Семья окружила больного самой нежной заботой. Дочки заранее предупреждали малейшее желание отца. Сын Альфонсо приходил редко (он был на казарменном положении в гвардейском императорском полку), но и он при малейшей возможности стремился попасть домой. Кухарки под наблюдением Анны готовили для Бетанкура отвар из риса: его доктор также порекомендовал принимать больному.
Наконец наступило утро понедельника 14 июля. Лицо в этот день у Бетанкура было жёлтосерого цвета и с более глубокими, чем обычно, морщинами, залёгшими по углам рта. Обычно мутные во время болезни, глаза смотрели в потолок строго, сердито и страдальчески. Последнее, что видел Бетанкур, лёжа на низкой постели, — изображение святого Франциска, стоящее на тумбочке вверх ногами.

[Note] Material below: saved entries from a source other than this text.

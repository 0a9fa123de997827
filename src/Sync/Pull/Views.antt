-- ===== src/Sync/Pull/Views.antt =====
-- What a pull shows of another account's row.
use rover_tools_orange_copy.Sync.Page.{page}
use mathlib.Core.Option
use rover_tools_orange_copy.Store.{SpaceEntryRemoval, Db, EntryType, SyncEntry}
use rover_tools_orange_copy.Prelude.{
  ◌∙◌, none, Option-cases, refl, ap, ==_iff, [], inr, some, subst, sym, arith, inl, ◌⊎◌, rows_where,
  true, ◌==◌, ◌∷◌, Bool-cases, elem, ◌≡◌, Bool, In, Option, List, ℕ,
}
use rover_tools_orange_copy.Store.Wraps.{
  is_space, not_dict, malformed, unreadable, dict, JsonValue, KeyName, WrappedKeys, kept, wrap_of,
  without, trim,
}
use rover_tools_orange_copy.Sync.Pull.{
  pull_removals, visible_entries, merge_cursors, memberships_of, spaces_in, Pulled, entry_view,
  views, pull_entries,
}

elem-rows_where :
    (s : ℕ) (p : ℕ → Bool) (xs : List ℕ)
    → elem s (rows_where p xs) ≡ true
    → (elem s xs ≡ true) × (p s ≡ true)
elem-rows_where s p [] h = cc
elem-rows_where s p (x ∷ xs) h = elim (Bool-cases (p x)) [
  | inl e ↦ elim (Bool-cases (x == s)) [
    | inl same ↦ (ground arith, subst (λ z. p z ≡ true) ((==_iff x s).0 same) e)
    | inr ne ↦ let (a, b) = elem-rows_where s p xs (ground arith) in (ground arith, b)
  ]
  | inr e ↦ let (a, b) = elem-rows_where s p xs (ground arith) in (ground arith, b)
]

In-without :
    (s : ℕ) (x : KeyName × JsonValue) (d : List (KeyName × JsonValue)) → In x (without s d) → In x d
unfolding without
In-without s x [] m = elim m [ ]
In-without s x ((k, v) ∷ d) m = elim (Bool-cases (is_space s k)) [
  | inl e ↦ inr (In-without s x d (rw e at m))
  | inr e ↦ later (In-without s x d) (rw e at m)
]
  where
    later : (In x (without s d) → In x d) → ((k, v) ≡ x) ⊎ In x (without s d) → In x ((k, v) ∷ d)
    later ih (inl q) = inl q
    later ih (inr n) = inr (ih n)

-- Every key of the map is one of the spaces.
abbrev pub IsForSpaces : List ℕ → List (KeyName × JsonValue) → Type 0
IsForSpaces spaces d =
    (x : KeyName × JsonValue)
    → In x d
    → (s : ℕ) × (x.0 ≡ KeyName.of_space s) × (elem s spaces ≡ true)

kept-IsForSpaces :
    (shown : List ℕ) (d : List (KeyName × JsonValue)) → IsForSpaces shown (kept shown d)
unfolding kept
kept-IsForSpaces [] d x m = elim m [ ]
kept-IsForSpaces (s ∷ shown) d x m = elim (Option-cases (wrap_of s d)) [
  | inl e ↦ wider (kept-IsForSpaces shown d x (rw (e, kept) at m))
  | inr (v, e) ↦ first v (kept-IsForSpaces shown d x) (rw (e, kept) at m)
]
  where
    wider :
        ((t : ℕ) × (x.0 ≡ KeyName.of_space t) × (elem t shown ≡ true))
        → (t : ℕ) × (x.0 ≡ KeyName.of_space t) × (elem t (s ∷ shown) ≡ true)
    wider (t, q, k) = (t, q, ground arith)

    first :
        (v : JsonValue)
        → (In x (kept shown d) → (t : ℕ) × (x.0 ≡ KeyName.of_space t) × (elem t shown ≡ true))
        → ((KeyName.of_space s, v) ≡ x) ⊎ In x (without s (kept shown d))
        → (t : ℕ) × (x.0 ≡ KeyName.of_space t) × (elem t (s ∷ shown) ≡ true)
    first v ih (inl q) = (s, sym (ap (λ y. y.0) q), ground arith)
    first v ih (inr n) = wider (ih (In-without s x _ n))

trim-IsForSpaces :
    (shown : List ℕ) (k : WrappedKeys) (k' : WrappedKeys)
    → trim shown k ≡ some k'
    → (d : List (KeyName × JsonValue)) × (k' ≡ dict d) × IsForSpaces shown d
unfolding trim
trim-IsForSpaces shown (malformed t) k' h = ([], cc h, λ x m. elim m [ ])
trim-IsForSpaces shown (unreadable t) k' h = cc h
trim-IsForSpaces shown (not_dict t) k' h = ([], cc h, λ x m. elim m [ ])
trim-IsForSpaces shown (dict d) k' h = (kept shown d, cc h, kept-IsForSpaces shown d)

-- What a row says to a reader: the author's own row, or spaces that the reader is in and that the
-- row carries, with a map of wraps for such spaces alone, so that there is no personal wrap.
pub data IsFit (reader : ℕ) (spaces : List ℕ) (shown : SyncEntry) : Type 0 where
  own : shown.user_id ≡ reader → IsFit reader spaces shown
  shared :
      (d : List (KeyName × JsonValue))
      → ((s : ℕ) → elem s shown.space_ids ≡ true → elem s spaces ≡ true)
      → shown.wrapped_keys ≡ dict d
      → IsForSpaces spaces d
      → IsFit reader spaces shown

pub entry_view-IsFit :
    (reader : ℕ) (spaces : List ℕ) (r x : SyncEntry)
    → entry_view reader spaces r ≡ some x
    → IsFit reader spaces x
unfolding entry_view
entry_view-IsFit reader spaces r x h = elim (Bool-cases (r.user_id == reader)) [
  | inl e ↦ whole (rw e at h) (own ((==_iff r.user_id reader).0 e))
  | inr e ↦ cut (trim shown r.wrapped_keys) (trim-IsForSpaces shown r.wrapped_keys) (rw e at h)
]
  where
    shown : List ℕ
    shown = rows_where (λ s. elem s spaces) r.space_ids

    whole :
        ◌≡◌ {A = Option SyncEntry} (some r) (some x) → IsFit reader spaces r → IsFit reader spaces x
    whole e fit = let same : r ≡ x = cc e in subst (IsFit reader spaces) same fit

    cut :
        (o : Option WrappedKeys)
        → ((k : WrappedKeys)
            → o ≡ some k
            → (d : List (KeyName × JsonValue)) × (k ≡ dict d) × IsForSpaces shown d)
        → Option.map (λ k. record r { space_ids = shown; wrapped_keys = k }) o ≡ some x
        → IsFit reader spaces x
    cut none fits e = cc e
    cut (some k) fits e =
        let (d, q, only) = fits k refl in
        let same : record r { space_ids = shown; wrapped_keys = k } ≡ x = cc e in
        subst (IsFit reader spaces) same (
          shared d (λ s m. (elem-rows_where s (λ t. elem t spaces) r.space_ids m).1) q
            (λ y m.
              let (s, z, g) = only y m in
              (s, z, (elem-rows_where s (λ t. elem t spaces) r.space_ids g).1)))

-- Each of the views of a page is the view of one of its rows.
In-views :
    (reader : ℕ) (spaces : List ℕ) (x : SyncEntry) (rows out : List SyncEntry)
    → views reader spaces rows ≡ some out
    → In x out
    → (r : SyncEntry) × (entry_view reader spaces r ≡ some x)
unfolding views Option.bind
In-views reader spaces x [] out h m = no_entry (subst (In x) same m)
  where
    same : out ≡ []
    same = sym (cc h)

    no_entry : In x [] → (r : SyncEntry) × (entry_view reader spaces r ≡ some x)
    no_entry i = elim i [ ]
In-views reader spaces x (r ∷ rows) out h m =
    split (entry_view reader spaces r) (views reader spaces rows) refl refl
      (In-views reader spaces x rows) h
  where
    split :
        (o : Option SyncEntry) (rest : Option (List SyncEntry))
        → entry_view reader spaces r ≡ o
        → views reader spaces rows ≡ rest
        → ((vs : List SyncEntry)
            → views reader spaces rows ≡ some vs
            → In x vs
            → (r' : SyncEntry) × (entry_view reader spaces r' ≡ some x))
        → Option.bind o (λ v. Option.map (◌∷◌ v) rest) ≡ some out
        → (r' : SyncEntry) × (entry_view reader spaces r' ≡ some x)
    split none rest e f ih k = cc k
    split (some v) none e f ih k = cc k
    split (some v) (some vs) e f ih k =
        let same : out ≡ v ∷ vs = cc k in
        elim (subst (In x) same m) [ inl q ↦ (r, e ∙ ap some q) | inr n ↦ ih vs f n ]

-- Every entry of a pull is the caller's own, or shows only spaces that the caller is in and
-- wraps for those spaces, never another space or the author's personal wrap.
pub pull-IsFit :
    (uid after limit : ℕ) (kind : Option EntryType) (db : Db) (p : Pulled) (x : SyncEntry)
    → pull_entries uid after limit kind db ≡ some p
    → In x p.entries
    → IsFit uid (spaces_in (memberships_of uid db)) x
unfolding pull_entries
pull-IsFit uid after limit kind db p x h m =
    answered
      (page (λ (r : SyncEntry). r.server_ts) (λ r. r.id) limit (visible_entries uid after kind db))
      (pull_removals uid after limit kind db) h
  where
    answered :
        (e : Option (List SyncEntry × Option ℕ)) (r : Option (List SpaceEntryRemoval × Option ℕ))
        → Option.bind e (λ e'. Option.bind r λ r'.
          Option.bind (views uid (spaces_in (memberships_of uid db)) e'.0) λ shown.
            some (record { entries = shown; removals = r'.0; next = merge_cursors e'.1 r'.1 }))
          ≡ some p
        → IsFit uid (spaces_in (memberships_of uid db)) x
    answered none r k = cc
    answered (some e) none k = cc
    answered (some e) (some r) k =
        shown_fit (views uid (spaces_in (memberships_of uid db)) e.0) refl k
      where
        shown_fit :
            (o : Option (List SyncEntry))
            → views uid (spaces_in (memberships_of uid db)) e.0 ≡ o
            → Option.bind o (λ shown.
              some (record { entries = shown; removals = r.0; next = merge_cursors e.1 r.1 }))
              ≡ some p
            → IsFit uid (spaces_in (memberships_of uid db)) x
        shown_fit none q k' = cc k'
        shown_fit (some shown) q k' =
            let same : p.entries ≡ shown = cc k' in
            let (row, seen) =
              In-views uid (spaces_in (memberships_of uid db)) x e.0 shown q
                (subst (In x) same m) in
            entry_view-IsFit uid (spaces_in (memberships_of uid db)) row x seen
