-- ===== src/Sync/Push/Cases.antt =====
-- How one entry of a push can end: refused with nothing written, written over the row of its key,
-- or inserted, each with the tests of `_upsert_entry` that it passed.
use rover_tools_orange_copy.Prelude.Int.{pos, leb_ℤ}
use rover_tools_orange_copy.Prelude.{
  >>=-returned, Bool-cases, ℕ, ◌≡◌, refl, inl, inr, true, false, ◌&&◌, not, Option, none, some,
  List, [], ok, leb, is_none, first_where, ok-injective, guard-cases, guard, ◌>>◌, sym,
}
use rover_tools_orange_copy.Sync.Removals.{record_space_removals}
use rover_tools_orange_copy.Store.{SpaceEntryRemoval, SyncEntry, Env}
use rover_tools_orange_copy.Sync.Entry.{
  accepted, dropped_from, too_large, Limits, PushEntry, Outcome, conflict, Reason, entry_too_large,
  stale_update, not_your_entry, account_full, Work, is_key, holds_memberships,
  belongs_to_someone_else, is_tombstone, blob_key_of, added_to,
}
use rover_tools_orange_copy.Sync.Upsert.{
  updated_work, withdrawal_record, write_update, update_entry, write_insert, insert_entry,
  upsert_entry, spaces_of, new_blob_ok, is_stale, revive_refused, budget_for,
}

module _ (cfg : Limits) (uid did : ℕ) (e : PushEntry) (env : Env) (w : Work) where
  pub data Ends (r : Outcome × List ℕ × Work) : Type 0 where
    refused :
        (reason : Reason)
        → r ≡ (conflict (record { client_id = e.client_id; reason = reason }), [], w)
        → Ends r
    updated :
        (row : SyncEntry)
        → first_where (is_key uid e.client_id e.entry_type) w.db.entries ≡ some row
        → holds_memberships w.db uid (added_to row.space_ids e) ≡ true
        → new_blob_ok w.db uid (blob_key_of e) (some row) ≡ true
        → (not (is_tombstone e && is_none row.deleted_at) && leb e.updated_at row.updated_at)
          ≡ false
        → belongs_to_someone_else w.db uid e (added_to row.space_ids e) ≡ false
        → revive_refused e row w ≡ false
        → write_update uid did e env row w ≡ ok r
        → Ends r
    inserted :
        first_where (is_key uid e.client_id e.entry_type) w.db.entries ≡ none
        → holds_memberships w.db uid (added_to [] e) ≡ true
        → new_blob_ok w.db uid (blob_key_of e) none ≡ true
        → belongs_to_someone_else w.db uid e e.space_ids ≡ false
        → leb_ℤ (budget_for e w) (pos 0) ≡ false
        → write_insert uid did e env w ≡ ok r
        → Ends r

  update-Ends :
      (row : SyncEntry) (r : Outcome × List ℕ × Work)
      → first_where (is_key uid e.client_id e.entry_type) w.db.entries ≡ some row
      → holds_memberships w.db uid (added_to row.space_ids e) ≡ true
      → new_blob_ok w.db uid (blob_key_of e) (some row) ≡ true
      → update_entry uid did e env row w ≡ ok r
      → Ends r
  unfolding update_entry
  update-Ends row r found members blob h = elim (Bool-cases (is_stale e row)) [
    | inl t1 ↦ refused stale_update (sym (ok-injective (rw t1 at h)))
    | inr t1 ↦ elim (Bool-cases (belongs_to_someone_else w.db uid e (added_to row.space_ids e))) [
      | inl t2 ↦ refused not_your_entry (sym (ok-injective (rw (t1, t2) at h)))
      | inr t2 ↦ elim (Bool-cases (revive_refused e row w)) [
        | inl t3 ↦ refused account_full (sym (ok-injective (rw (t1, t2, t3) at h)))
        | inr t3 ↦ updated row found members blob t1 t2 t3 (rw (t1, t2, t3) at h)
      ]
    ]
  ]

  insert-Ends :
      (r : Outcome × List ℕ × Work)
      → first_where (is_key uid e.client_id e.entry_type) w.db.entries ≡ none
      → holds_memberships w.db uid (added_to [] e) ≡ true
      → new_blob_ok w.db uid (blob_key_of e) none ≡ true
      → insert_entry uid did e env w ≡ ok r
      → Ends r
  unfolding insert_entry
  insert-Ends r found members blob h =
      elim (Bool-cases (belongs_to_someone_else w.db uid e e.space_ids)) [
        | inl t1 ↦ refused not_your_entry (sym (ok-injective (rw t1 at h)))
        | inr t1 ↦ elim (Bool-cases (leb_ℤ (budget_for e w) (pos 0))) [
          | inl t2 ↦ refused account_full (sym (ok-injective (rw (t1, t2) at h)))
          | inr t2 ↦ inserted found members blob t1 t2 (rw (t1, t2) at h)
        ]
      ]

  pub upsert-Ends : (r : Outcome × List ℕ × Work) → upsert_entry cfg uid did e env w ≡ ok r → Ends r
  unfolding upsert_entry
  upsert-Ends r h = elim (Bool-cases (too_large cfg e)) [
    | inl t ↦ refused entry_too_large (sym (ok-injective (rw t at h)))
    | inr t ↦
        looked_up (first_where (is_key uid e.client_id e.entry_type) w.db.entries) refl (rw t at h)
  ]
    where
      looked_up :
          (existing : Option SyncEntry)
          → first_where (is_key uid e.client_id e.entry_type) w.db.entries ≡ existing
          → (guard (holds_memberships w.db uid (added_to (spaces_of existing) e)) 422 "not_a_member"
              >> (guard (new_blob_ok w.db uid (blob_key_of e) existing) 422 "invalid_blob"
                  >> elim existing [
                    | none ↦ insert_entry uid did e env w
                    | some row ↦ update_entry uid did e env row w
                  ]))
            ≡ ok r
          → Ends r
      looked_up none found h2 =
          let g = guard-cases _ _ _ _ h2 in
          let g' = guard-cases _ _ _ _ g.1 in insert-Ends r found g.0 g'.0 g'.1
      looked_up (some row) found h2 =
          let g = guard-cases _ _ _ _ h2 in
          let g' = guard-cases _ _ _ _ g.1 in update-Ends row r found g.0 g'.0 g'.1

-- An accepted update recorded the removals and wrote the row.
pub write_update-ok :
    (uid did : ℕ) (e : PushEntry) (env : Env) (row : SyncEntry) (w : Work)
    (r : Outcome × List ℕ × Work)
    → write_update uid did e env row w ≡ ok r
    → (removals : List SpaceEntryRemoval) × (record_space_removals
          (withdrawal_record uid e env.now)
          env.removal_id
          (dropped_from row e)
          w.db.removals
        ≡ ok removals)
      × (r ≡ (
        accepted (record { client_id = e.client_id; server_id = row.id; server_ts = env.now }),
        dropped_from row e,
        updated_work uid did e env row removals w,
      ))
unfolding write_update
write_update-ok uid did e env row w r h =
    let (removals, recorded, same) = >>=-returned _ _ h in
    (removals, recorded, sym (ok-injective same))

Это была старинная испанская традиция: только так можно было повлиять на святого, чтобы он сотворил чудо и исцелил больного. Наверное, Августин Августович не был суеверным и хотел было попросить жену перевернуть образ, но говорить ему было уже трудно. Он захрипел, а потом, протянув руку вперед, закашлялся, и тут всё его тело пронзили сильные судороги, рука задрожала и скрючилась, а затем безжизненно упала на кровать. Агония кончилась.
Жизнь великого человека оборвалась, но душа, как казалось Анне Джордейн, была ещё в теле. Женщина упала на его маленькую, уже стариковскую грудь и тихо заплакала. Аделина, Матильда и только что ворвавшийся в спальню Альфонсо обступили тело отца: лицо его было значительным, как у настоящего испанского гранда, однако глаза не блестели, а скорее казались истлевшими.